Again, be careful here. Think about the limitations of your resources, both in terms of your computers specs and how much time and patience you have to let the process run. Also keep in mind that you will then be regularizing these overfit models, meaning another round of experiments and more time and resources.

For example, here are some timing notes on potential experiments run on a Macbook Pro 3.1 GHz Intel Core i5 with 16gb of RAM:

  • Using our 10 fold cross validation methodology, a 5-layer neural network with 10 units per hidden layer and 100 epochs took approximately 15 minutes to train and validate

  • Using our 10 fold cross validation methodology, a 5-layer neural network with 25 units per hidden layer and 100 epochs took approximately 25 minutes to train and validate

  • Using our 10 fold cross validation methodology, a 5-layer neural network with 10 units per hidden layer and 250 epochs took approximately 45 minutes to train and validate

#Your code here; try some methods to overfit your network
#Your code here; try some methods to overfit your network
#Your code here; try some methods to overfit your network

Regularizing the Model to Achieve Balance

Now that you have a powerful model (albeit an overfit one), we can now increase the generalization of the model by using some of the regularization techniques we discussed. Some options you have to try include:

  • Adding dropout
  • Adding L1/L2 regularization
  • Altering the layer architecture (add or remove layers similar to above)

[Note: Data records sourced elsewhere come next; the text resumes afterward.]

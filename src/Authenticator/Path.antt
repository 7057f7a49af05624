-- ===== src/Authenticator/Path.antt =====
-- services/relay-authenticator/internal/auth/handler.go: `parseAttemptID`.
pub mod Grammar
use rootenv.Common.{
  Bool, true, false, not, ◌&&◌, ◌||◌, Option, none, some, List, [], ◌∷◌, Bytes, bytes_eq, codes,
  ◌==◌, if◌then◌else◌,
}
use rootenv.Text.{slash, trim_prefix, split_n}

abbrev pub relay_segment : Bytes
relay_segment = codes "relay"

abbrev pub exec_segment : Bytes
exec_segment = codes "exec"

abbrev pub grade_segment : Bytes
grade_segment = codes "grade"

-- The test on the pieces, and the third of them.
unfoldable pub attempt_of : List Bytes → Option Bytes
attempt_of (relay ∷ kind ∷ id ∷ _) =
    if not (relay == relay_segment)
      || (not (kind == exec_segment) && not (kind == grade_segment))
      || id == []
    then none
    else some id
attempt_of _ = none

unfoldable pub parse_attempt_id : Bytes → Option Bytes
unfolding attempt_of
parse_attempt_id uri = attempt_of (split_n slash (trim_prefix uri (slash ∷ [])) 4)
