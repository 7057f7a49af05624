-- ===== src/Authenticator/Handler.antt =====
-- services/relay-authenticator/internal/auth/handler.go: `Handler.ServeHTTP`, over any PocketBase
-- client.
pub mod Laws
use rootenv.Common.{
  ℕ, Bool, not, Option, none, some, String, [], Bytes, bytes_eq, ◌==◌, if◌then◌else◌,
}
use rootenv.Authenticator.Client.{Result, ok, err}
use rootenv.Authenticator.Path.{parse_attempt_id}

pub record PocketBase : Type 0 where
  pub validate_token : Bytes → Result
  pub get_attempt : Bytes → Bytes → Result

-- The `pb_auth` cookie, and `X-Forwarded-Uri`, "" where it is missing.
pub record Request : Type 0 where
  pub cookie : Option Bytes
  pub forwarded_uri : Bytes

-- A refusal has its status and message; a grant is a 200 with `X-User-Id` and `X-Attempt-Id`.
pub data Response : Type 0 where
  refuse : ℕ → String → Response
  grant : Bytes → Bytes → Response

module _ (pb : PocketBase) where
  -- Behind `ValidateToken`.
  pub check_owner : Bytes → Bytes → Bytes → Result → Response
  check_owner token attempt user err = refuse 403 "forbidden"
  check_owner token attempt user (ok owner) =
      if not (owner == user) then refuse 403 "forbidden" else grant user attempt

  pub check_user : Bytes → Bytes → Result → Response
  check_user token attempt err = refuse 401 "unauthorized"
  check_user token attempt (ok user) = check_owner token attempt user (pb.get_attempt token attempt)

  pub check_attempt : Bytes → Option Bytes → Response
  check_attempt token none = refuse 400 "cannot parse attempt ID from X-Forwarded-Uri"
  check_attempt token (some attempt) = check_user token attempt (pb.validate_token token)

  pub check_cookie : Option Bytes → Bytes → Response
  check_cookie none uri = refuse 401 "missing pb_auth cookie"
  check_cookie (some token) uri =
      if uri == []
      then refuse 400 "missing X-Forwarded-Uri"
      else check_attempt token (parse_attempt_id uri)

  unfoldable pub serve_http : Request → Response
  unfolding check_cookie check_attempt check_user check_owner
  serve_http r = check_cookie r.cookie r.forwarded_uri
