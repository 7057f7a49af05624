-- ===== src/Authenticator/Client/Laws.antt =====
-- What a success of the two calls says of PocketBase's replies.
use rootenv.Common.{◌≡◌, ◌≢◌, some, [], ◌++◌, Bytes, bytes_beq_iff, arith}
use rootenv.Authenticator.Client.{
  Api, Reply, failed, replied, Client, ok, refresh_path, attempt_url, get, post, user_reply,
  attempt_reply, validate_token, get_attempt,
}

module _ (api : Api) where
  open api use {Body, send, user_id_of, owner_of}

  user_reply_lem :
      (r : Reply Body) (user : Bytes)
      → user_reply api r ≡ ok user
      → (body : Body) × (r ≡ replied 200 body) × (user_id_of body ≡ some user) × (user ≢ [])
  unfolding user_reply
  user_reply_lem failed user h = cc
  user_reply_lem (replied status body) user h =
      (body, ground arith, ground arith, ground (arith, bytes_beq_iff user []))

  attempt_reply_lem :
      (r : Reply Body) (owner : Bytes)
      → attempt_reply api r ≡ ok owner
      → (body : Body) × (r ≡ replied 200 body) × (owner_of body ≡ some owner)
  unfolding attempt_reply
  attempt_reply_lem failed owner h = cc
  attempt_reply_lem (replied status body) owner h = (body, ground arith, ground arith)

  -- A token is validated only if PocketBase answers its refresh with 200 and an ID that is not
  -- empty.
  pub validate_token_lem :
      (c : Client) (token user : Bytes)
      → validate_token api c token ≡ ok user
      → (body : Body) × (send post (c.base_url ++ refresh_path) token ≡ replied 200 body)
        × (user_id_of body ≡ some user)
        × (user ≢ [])
  unfolding validate_token
  validate_token_lem c token user h = user_reply_lem _ user h

  pub get_attempt_lem :
      (c : Client) (token attempt owner : Bytes)
      → get_attempt api c token attempt ≡ ok owner
      → (body : Body) × (send get (attempt_url c attempt) token ≡ replied 200 body)
        × (owner_of body ≡ some owner)
  unfolding get_attempt
  get_attempt_lem c token attempt owner h = attempt_reply_lem _ owner h
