-- ===== src/Text/Split.antt =====
-- Laws of cutting and splitting at a byte.
use rootenv.Common.{
  ℕ, suc, ◌≡◌, refl, ◌≢◌, ◌∙◌, Option, none, some, List, [], ◌∷◌, ◌++◌, Bytes, nat_eq, arith,
}
use rootenv.Text.{cut, split_n}

-- The byte does not occur in the text.
abbrev pub IsFree : ℕ → Bytes → Type 0
IsFree sep [] = Unit
IsFree sep (c ∷ cs) = (c ≢ sep) × IsFree sep cs

-- What stands behind the piece before the first separator.
abbrev pub tail_text : ℕ → Option Bytes → Bytes
tail_text sep none = []
tail_text sep (some r) = sep ∷ r

pub cut-IsFree : (sep : ℕ) (s : Bytes) → IsFree sep (cut sep s).0
unfolding cut
cut-IsFree sep [] = tt
cut-IsFree sep (c ∷ cs) = ground (arith, cut-IsFree sep cs)

pub cut-append : (sep : ℕ) (s : Bytes) → s ≡ (cut sep s).0 ++ tail_text sep (cut sep s).1
unfolding cut
cut-append sep [] = refl
cut-append sep (c ∷ cs) = ground (arith, cut-append sep cs)

-- A text with a piece free of the separator in front is cut behind that piece.
pub cut-IsFree-append :
    (sep : ℕ) (p : Bytes) (r : Option Bytes)
    → IsFree sep p
    → cut sep (p ++ tail_text sep r) ≡ (p, r)
unfolding cut
cut-IsFree-append sep [] none h = refl
cut-IsFree-append sep [] (some r) h = ground arith
cut-IsFree-append sep (c ∷ p) r h = ground (arith, cut-IsFree-append sep p r h.1)

abbrev pub split_after : ℕ → ℕ → Option Bytes → List Bytes
split_after sep n none = []
split_after sep n (some r) = split_n sep r (suc n)

-- `SplitN` is a cut, and the rest split into one piece less.
pub split_n-cut :
    (sep : ℕ) (s : Bytes) (n : ℕ)
    → split_n sep s (suc (suc n)) ≡ (cut sep s).0 ∷ split_after sep n (cut sep s).1
unfolding split_n cut
split_n-cut sep [] n = refl
split_n-cut sep (c ∷ cs) n = ground (arith, split_n-cut sep cs n)

-- A text is its first piece and what is behind it, and `SplitN` goes on there.
pub record Piece (sep : ℕ) (s : Bytes) (n : ℕ) : Type 0 where
  pub first : Bytes
  pub after : Option Bytes
  pub first_free : IsFree sep first
  pub text_is : s ≡ first ++ tail_text sep after
  pub pieces : split_n sep s (suc (suc n)) ≡ first ∷ split_after sep n after

pub piece : (sep : ℕ) (s : Bytes) (n : ℕ) → Piece sep s n
piece sep s n = record {
  first = (cut sep s).0;
  after = (cut sep s).1;
  first_free = cut-IsFree sep s;
  text_is = cut-append sep s;
  pieces = split_n-cut sep s n;
}

pub split_n-IsFree-append :
    (sep : ℕ) (p : Bytes) (r : Option Bytes) (n : ℕ)
    → IsFree sep p
    → split_n sep (p ++ tail_text sep r) (suc (suc n)) ≡ p ∷ split_after sep n r
split_n-IsFree-append sep p r n f =
    split_n-cut sep (p ++ tail_text sep r) n ∙ rw (cut-IsFree-append sep p r f)

pub IsFree-append : (sep : ℕ) (a b : Bytes) → IsFree sep a → IsFree sep b → IsFree sep (a ++ b)
IsFree-append sep [] b h k = k
IsFree-append sep (c ∷ a) b (ne, h) k = (ne, IsFree-append sep a b h k)
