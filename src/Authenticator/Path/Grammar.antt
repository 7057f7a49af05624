-- ===== src/Authenticator/Path/Grammar.antt =====
-- The paths that `parseAttemptID` accepts, described without splitting.
use rootenv.Common.{
  ◌≡◌, refl, ◌≢◌, ap, ◌∙◌, ◌↔◌, ◌⊎◌, inl, inr, Option, none, some, List, [], ◌∷◌, ◌++◌, Bytes,
  bytes_eq, bytes_beq_iff, arith,
}
use rootenv.Text.{slash, split_n, trim_prefix}
use rootenv.Text.Split.{IsFree, tail_text, split_after, split_n-IsFree-append, Piece, piece}
use rootenv.Authenticator.Path.{
  relay_segment, exec_segment, grade_segment, attempt_of, parse_attempt_id,
}

-- `relay/<exec or grade>/<id>`, then nothing or a slash and anything; `id` is one segment that is
-- not empty.
pub record IsRelayPath (id path : Bytes) : Type 0 where
  pub kind : Bytes
  pub rest : Option Bytes
  pub kind_is : (kind ≡ exec_segment) ⊎ (kind ≡ grade_segment)
  pub id_ne_nil : id ≢ []
  pub id_free : IsFree slash id
  pub path_is : path ≡ relay_segment ++ (slash ∷ kind ++ (slash ∷ id ++ tail_text slash rest))

kind-IsFree : (kind : Bytes) → (kind ≡ exec_segment) ⊎ (kind ≡ grade_segment) → IsFree slash kind
kind-IsFree kind (inl e) = rw e (omega arith)
kind-IsFree kind (inr e) = rw e (omega arith)

split_relay :
    (kind id : Bytes) (rest : Option Bytes)
    → (kind ≡ exec_segment) ⊎ (kind ≡ grade_segment)
    → IsFree slash id
    → split_n slash (relay_segment ++ (slash ∷ kind ++ (slash ∷ id ++ tail_text slash rest))) 4
      ≡ relay_segment ∷ kind ∷ id ∷ split_after slash 0 rest
split_relay kind id rest k f =
    let ids = id ++ tail_text slash rest in
    split_n-IsFree-append slash relay_segment (some (kind ++ (slash ∷ ids))) 2 (omega arith)
    ∙ ap (◌∷◌ relay_segment) (
        split_n-IsFree-append slash kind (some ids) 1 (kind-IsFree kind k)
        ∙ ap (◌∷◌ kind) (split_n-IsFree-append slash id rest 0 f))

accepted_pieces :
    (kind id : Bytes) (more : List Bytes)
    → (kind ≡ exec_segment) ⊎ (kind ≡ grade_segment)
    → id ≢ []
    → attempt_of (relay_segment ∷ kind ∷ id ∷ more) ≡ some id
unfolding attempt_of
accepted_pieces kind id more k ne = ground (
  arith,
  bytes_beq_iff relay_segment relay_segment,
  bytes_beq_iff kind exec_segment,
  bytes_beq_iff kind grade_segment,
  bytes_beq_iff id [],
)

read_pieces :
    (a b c id : Bytes) (more : List Bytes)
    → attempt_of (a ∷ b ∷ c ∷ more) ≡ some id
    → (a ≡ relay_segment) × ((b ≡ exec_segment) ⊎ (b ≡ grade_segment)) × (c ≢ []) × (c ≡ id)
unfolding attempt_of
read_pieces a b c id more h = ground (
  arith,
  bytes_beq_iff a relay_segment,
  bytes_beq_iff b exec_segment,
  bytes_beq_iff b grade_segment,
  bytes_beq_iff c [],
)

none_of_one : (a id : Bytes) → attempt_of (a ∷ []) ≢ some id
unfolding attempt_of
none_of_one a id = λ h. cc

none_of_two : (a b id : Bytes) → attempt_of (a ∷ b ∷ []) ≢ some id
unfolding attempt_of
none_of_two a b id = λ h. cc

-- Three pieces that pass the test make up a relay path.
from_pieces :
    (path a b c id : Bytes) (t u : Bytes) (rest : Option Bytes)
    → path ≡ a ++ (slash ∷ t)
    → t ≡ b ++ (slash ∷ u)
    → u ≡ c ++ tail_text slash rest
    → IsFree slash c
    → attempt_of (a ∷ b ∷ c ∷ split_after slash 0 rest) ≡ some id
    → IsRelayPath id path
from_pieces path a b c id t u rest p q r f h =
    let (a_is, b_is, c_ne, c_is) = read_pieces a b c id (split_after slash 0 rest) h in
    record {
      kind = b;
      rest = rest;
      kind_is = b_is;
      id_ne_nil = rw (← c_is) c_ne;
      id_free = rw (← c_is) f;
      path_is = rw (a_is, q, r, c_is) at p;
    }

from_third :
    (path a b id t u : Bytes)
    → path ≡ a ++ (slash ∷ t)
    → t ≡ b ++ (slash ∷ u)
    → attempt_of (a ∷ b ∷ split_n slash u 2) ≡ some id
    → IsRelayPath id path
from_third path a b id t u p q h =
    let c = piece slash u 0 in
    from_pieces path a b c.first id t u c.after p q c.text_is c.first_free (rw c.pieces at h)

from_second :
    (path a id t : Bytes) (b : Piece slash t 1) (r : Option Bytes)
    → b.after ≡ r
    → path ≡ a ++ (slash ∷ t)
    → attempt_of (a ∷ split_n slash t 3) ≡ some id
    → IsRelayPath id path
from_second path a id t b none e p h = absurd (none_of_two a b.first id (rw (b.pieces, e) at h))
from_second path a id t b (some u) e p h =
    from_third path a b.first id t u p (rw e at b.text_is) (rw (b.pieces, e) at h)

from_first :
    (path id : Bytes) (a : Piece slash path 2) (r : Option Bytes)
    → a.after ≡ r
    → attempt_of (split_n slash path 4) ≡ some id
    → IsRelayPath id path
from_first path id a none e h = absurd (none_of_one a.first id (rw (a.pieces, e) at h))
from_first path id a (some t) e h =
    from_second path a.first id t (piece slash t 1) _ refl (rw e at a.text_is)
      (rw (a.pieces, e) at h)

parse-IsRelayPath :
    (path id : Bytes) → attempt_of (split_n slash path 4) ≡ some id → IsRelayPath id path
parse-IsRelayPath path id h = from_first path id (piece slash path 2) _ refl h

-- One leading slash is dropped, and the rest is accepted exactly if it is a relay path; the attempt
-- ID is its third segment.
pub parse_attempt_id_iff :
    (uri id : Bytes)
    → (parse_attempt_id uri ≡ some id) ↔ IsRelayPath id (trim_prefix uri (slash ∷ []))
unfolding parse_attempt_id
parse_attempt_id_iff uri id = (
  λ h. parse-IsRelayPath (trim_prefix uri (slash ∷ [])) id h,
  λ p.
      rw (p.path_is, split_relay p.kind id p.rest p.kind_is p.id_free)
        (accepted_pieces p.kind id (split_after slash 0 p.rest) p.kind_is p.id_ne_nil),
)
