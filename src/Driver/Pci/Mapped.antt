-- ===== src/Driver/Pci/Mapped.antt =====
-- The operations of lfdd/libpci_x86.c on a request with a base refine device memory as an array
-- of bytes; a request that would reach main memory is refused.
use lfdk.Common.{
  refl, Bool-cases, inl, inr, ℕ, ◌+◌, ◌*◌, ◌/◌, ◌%◌, ◌^◌, ◌≡◌, ◌≢◌, false, ap, arith, u32, ◌==◌,
  if◌then◌else◌, mask_three,
}
use lfdk.Driver.Structs.{Pcix}
use lfdk.Driver.Machine.{Machine, Driver}
use lfdk.Driver.Address.{addr32}
use lfdk.Driver.Bus.{DeviceMemory, byte_at}
use lfdk.Driver.Pci.{
  merge_byte, merge_word, align_buf, map_window, is_invalid, pcix_read_byte, pcix_read_word,
  pcix_read_dword, pcix_write_byte, pcix_write_word, pcix_write_dword,
}
use lfdk.Driver.Pci.Lanes.{low_lane, two_lanes, four_lanes}
use lfdk.Driver.Pci.Merge.{lane, lane-merge_byte, lane-merge_word, merge_byte-lt, merge_word-lt}
use lfdk.Driver.Pci.Window.{
  IsWindow, has_base, read_value_window, update_value_window, write_value_window,
}

module _ {m : Machine} (mem : DeviceMemory m) (p : Pcix) (d : Driver m) (base : p.phy_base ≢ 0)
    (accepted : is_invalid m p (align_buf (addr32 p)) ≡ false) (w : IsWindow mem d)
    (made : (map_window m (addr32 p) (align_buf (addr32 p)) d).1.phy2virt_mem ≢ 0) where
  open mem use {mmio, mmio-lt}

  -- The bytes of device memory before the call, and the address of the request.
  abbrev bytes : ℕ → ℕ
  bytes a = byte_at (mmio d.hw) a

  abbrev addr : ℕ
  addr = addr32 p

  -- When the present mapping is in order and one is there after the mapping step, an accepted
  -- byte read with a base returns the byte of device memory at the address, and changes none.
  pub read_byte_mapped :
      (a : ℕ)
      → ((pcix_read_byte m p d).0 ≡ bytes addr)
        × (byte_at (mmio (pcix_read_byte m p d).1.hw) a ≡ bytes a)
  unfolding pcix_read_byte
  read_byte_mapped a =
      rw accepted (ground (arith, read_value_window mem p d base w made (a / 4 * 4)))

  -- When the present mapping is in order and one is there after the mapping step, an accepted
  -- word read with a base returns the bytes of device memory at the address and after it, but at
  -- the last byte of a dword that byte alone; no byte changes.
  pub read_word_mapped :
      (a : ℕ)
      → ((pcix_read_word m p d).0
          ≡ bytes addr + (if addr % 4 == 3 then 0 else bytes (addr + 1) * 256))
        × (byte_at (mmio (pcix_read_word m p d).1.hw) a ≡ bytes a)
  unfolding pcix_read_word
  read_word_mapped a = rw accepted (
      ground (
        arith,
        read_value_window mem p d base w made (a / 4 * 4),
        two_lanes addr (mmio d.hw) (mmio-lt d.hw (addr / 4 * 4)),
      ))

  -- When the present mapping is in order and one is there after the mapping step, an accepted
  -- dword read with a base returns the four bytes of the aligned dword of device memory that
  -- holds the address, the lowest address first; no byte changes.
  pub read_dword_mapped :
      (a : ℕ)
      → let dword = addr / 4 * 4 in
        ((pcix_read_dword m p d).0
          ≡ bytes dword
            + bytes (dword + 1) * 2 ^ 8
            + bytes (dword + 2) * 2 ^ 16
            + bytes (dword + 3) * 2 ^ 24)
        × (byte_at (mmio (pcix_read_dword m p d).1.hw) a ≡ bytes a)
  unfolding pcix_read_dword
  read_dword_mapped a = rw accepted (
      ground (
        arith,
        read_value_window mem p d base w made (a / 4 * 4),
        four_lanes (addr / 4) (mmio d.hw) (mmio-lt d.hw (addr / 4 * 4)),
      ))

  -- When the present mapping is in order and one is there after the mapping step, an accepted
  -- byte write with a base replaces the byte of device memory at the address by the low byte of
  -- `buf`, and no other.
  pub write_byte_mapped :
      (a : ℕ)
      → byte_at (mmio (pcix_write_byte m p d).1.hw) a ≡ (if a == addr then p.buf % 256 else bytes a)
  unfolding pcix_write_byte
  write_byte_mapped a =
      let small = mmio-lt d.hw (addr / 4 * 4) in
      rw accepted (
        ground (
          arith,
          update_value_window mem p d base w made (merge_byte addr p.buf) (a / 4 * 4),
          small,
          lane-merge_byte addr p.buf (mmio d.hw (addr / 4 * 4)) small (a % 4),
          merge_byte-lt addr p.buf (mmio d.hw (addr / 4 * 4)) small,
        ))

  -- When the present mapping is in order and one is there after the mapping step, an accepted
  -- word write with a base replaces the two bytes of device memory of the even address at or
  -- below that of the request by the low word of `buf`, and no other.
  pub write_word_mapped :
      (a : ℕ)
      → byte_at (mmio (pcix_write_word m p d).1.hw) a
        ≡ (if a / 2 == addr / 2 then lane (a % 2) p.buf else bytes a)
  unfolding pcix_write_word
  write_word_mapped a =
      let small = mmio-lt d.hw (addr / 4 * 4) in
      rw accepted (
        ground (
          arith,
          update_value_window mem p d base w made (merge_word addr p.buf) (a / 4 * 4),
          small,
          lane-merge_word addr p.buf (mmio d.hw (addr / 4 * 4)) small (a % 4),
          merge_word-lt addr p.buf (mmio d.hw (addr / 4 * 4)) small,
          ap (λ (k : ℕ). lane k p.buf) (low_lane a),
        ))

  -- When the present mapping is in order and one is there after the mapping step, an accepted
  -- dword write with a base, at a multiple of 4, replaces the four bytes of device memory there
  -- by those of `buf`, and no other.
  pub write_dword_mapped :
      (a : ℕ)
      → addr % 4 ≡ 0
      → byte_at (mmio (pcix_write_dword m p d).1.hw) a
        ≡ (if a / 4 == addr / 4 then lane (a % 4) (u32 p.buf) else bytes a)
  unfolding pcix_write_dword
  write_dword_mapped a whole =
      rw (mask_three addr, whole, accepted, has_base p base)
        (ground (arith, write_value_window mem p d base w made (a / 4 * 4)))

  -- A dword write at another address changes nothing.
  write_dword_unaligned :
      (a : ℕ) → (addr % 4 == 0) ≡ false → byte_at (mmio (pcix_write_dword m p d).1.hw) a ≡ bytes a
  unfolding pcix_write_dword
  write_dword_unaligned a odd = rw (mask_three addr, odd) refl

  write_dword_any :
      (a : ℕ)
      → byte_at (mmio (pcix_write_dword m p d).1.hw) a ≡ (
          if addr % 4 == 0
          then (if a / 4 == addr / 4 then lane (a % 4) (u32 p.buf) else bytes a)
          else bytes a)
  write_dword_any a = elim (Bool-cases (addr % 4 == 0)) [
    | inl whole ↦ rw whole (write_dword_mapped a (ground arith))
    | inr odd ↦ rw odd (write_dword_unaligned a odd)
  ]

  -- When the present mapping is in order and one is there after the mapping step, an accepted read
  -- with a base returns bytes of device memory: that at the address; for a word also the one after
  -- it, but at the last byte of a dword the first alone; for a dword the four bytes of the aligned
  -- dword that holds the address. No byte changes.
  pub reads_mapped :
      (a : ℕ)
      → let dword = addr / 4 * 4 in
        (((pcix_read_byte m p d).0 ≡ bytes addr)
          × (byte_at (mmio (pcix_read_byte m p d).1.hw) a ≡ bytes a))
        × (((pcix_read_word m p d).0
              ≡ bytes addr + (if addr % 4 == 3 then 0 else bytes (addr + 1) * 256))
            × (byte_at (mmio (pcix_read_word m p d).1.hw) a ≡ bytes a))
        × (((pcix_read_dword m p d).0
              ≡ bytes dword
                + bytes (dword + 1) * 2 ^ 8
                + bytes (dword + 2) * 2 ^ 16
                + bytes (dword + 3) * 2 ^ 24)
            × (byte_at (mmio (pcix_read_dword m p d).1.hw) a ≡ bytes a))
  reads_mapped a = (read_byte_mapped a, read_word_mapped a, read_dword_mapped a)

  -- When the present mapping is in order and one is there after the mapping step, an accepted write
  -- with a base replaces in device memory the byte at the address by the low byte of `buf`; for a
  -- word the two bytes of the even address at or below it by the low word; for a dword at a
  -- multiple of 4 the four bytes there, and at any other address nothing. No other byte changes.
  pub writes_mapped :
      (a : ℕ)
      → (byte_at (mmio (pcix_write_byte m p d).1.hw) a
          ≡ (if a == addr then p.buf % 256 else bytes a))
        × (byte_at (mmio (pcix_write_word m p d).1.hw) a
            ≡ (if a / 2 == addr / 2 then lane (a % 2) p.buf else bytes a))
        × (byte_at (mmio (pcix_write_dword m p d).1.hw) a ≡ (
            if addr % 4 == 0
            then (if a / 4 == addr / 4 then lane (a % 4) (u32 p.buf) else bytes a)
            else bytes a))
  writes_mapped a = (write_byte_mapped a, write_word_mapped a, write_dword_any a)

This process will be constrained by time and resources. Be sure to test at least 2 different methodologies, such as dropout and L2 regularization. If you have the time, feel free to continue experimenting.

Notes:

#Your code here; try some regularization or other methods to tune your network
#Your code here; try some regularization or other methods to tune your network
#Your code here; try some regularization or other methods to tune your network
#Your code here; try some regularization or other methods to tune your network

Final Evaluation

Now that you have selected a network architecture, tested various regularization procedures and tuned hyperparameters via a validation methodology, it is time to evaluate your finalized model once and for all. Fit the model using all of the training and validation data using the architecture and hyperparameters that were most effective in your expirements above. Afterwards, measure the overall performance on the hold-out test data which has been left untouched (and hasn't leaked any data into the modelling process)!

#Your code here; final model training on entire training set followed by evaluation on hold-out data

Additional Resources

https://machinelearningmastery.com/dropout-regularization-deep-learning-models-keras/

https://machinelearningmastery.com/grid-search-hyperparameters-deep-learning-models-python-keras/

https://machinelearningmastery.com/regression-tutorial-keras-deep-learning-library-python/

https://stackoverflow.com/questions/37232782/nan-loss-when-training-regression-network https://www.springboard.com/blog/free-public-data-sets-data-science-project/

Summary

In this lab, we investigated some data from The Lending Club in a complete data science pipeline regarding neural networks. We began with reserving a hold-out set for testing which never was touched during the modeling phase. From there, we implemented a k-fold cross validation methodology in order to assess an initial baseline model and various regularization methods. From here, we'll begin to investigate other neural network architectures such as CNNs.